- **Dataset entries**
* * * * * * *
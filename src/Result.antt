-- ===== src/Result.antt =====
-- Go's `error` values and `(T, error)` results.
use bruk.Prelude.{Bool, true, false, String, ◌<>◌}

-- An API error that `apierrors.IsNotFound` recognises, any other error by its text, and
-- `fmt.Errorf("text%w", err)`, which keeps the error that it wraps.
pub data Error : Type 0 where
  not_found : String → Error
  failure : String → Error
  wrapped : String → Error → Error

-- `apierrors.IsNotFound` looks through wrapping.
unfoldable pub is_not_found : Error → Bool
is_not_found (not_found text) = true
is_not_found (failure text) = false
is_not_found (wrapped text e) = is_not_found e

-- `err.Error()`
pub error_text : Error → String
error_text (not_found text) = text
error_text (failure text) = text
error_text (wrapped text e) = text <> error_text e

pub data Result {ℓ} (A : Type ℓ) : Type ℓ where
  ok : A → Result A
  err : Error → Result A

infixl 5 ◌>>=◌
abbrev pub ◌>>=◌ {ℓ κ} : {A : Type ℓ} {B : Type κ} → Result A → (A → Result B) → Result B
r >>= continue = elim r [ ok answer ↦ continue answer | err e ↦ err e ]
* * * * * * *
- **Work to be completed**
Please restate, exactly as written, the line that holds "pub data Result" and all remaining lines of the data above, and only those.

- **Exercise solution**
pub data Result {ℓ} (A : Type ℓ) : Type ℓ where
  ok : A → Result A
  err : Error → Result A

infixl 5 ◌>>=◌
abbrev pub ◌>>=◌ {ℓ κ} : {A : Type ℓ} {B : Type κ} → Result A → (A → Result B) → Result B
r >>= continue = elim r [ ok answer ↦ continue answer | err e ↦ err e ]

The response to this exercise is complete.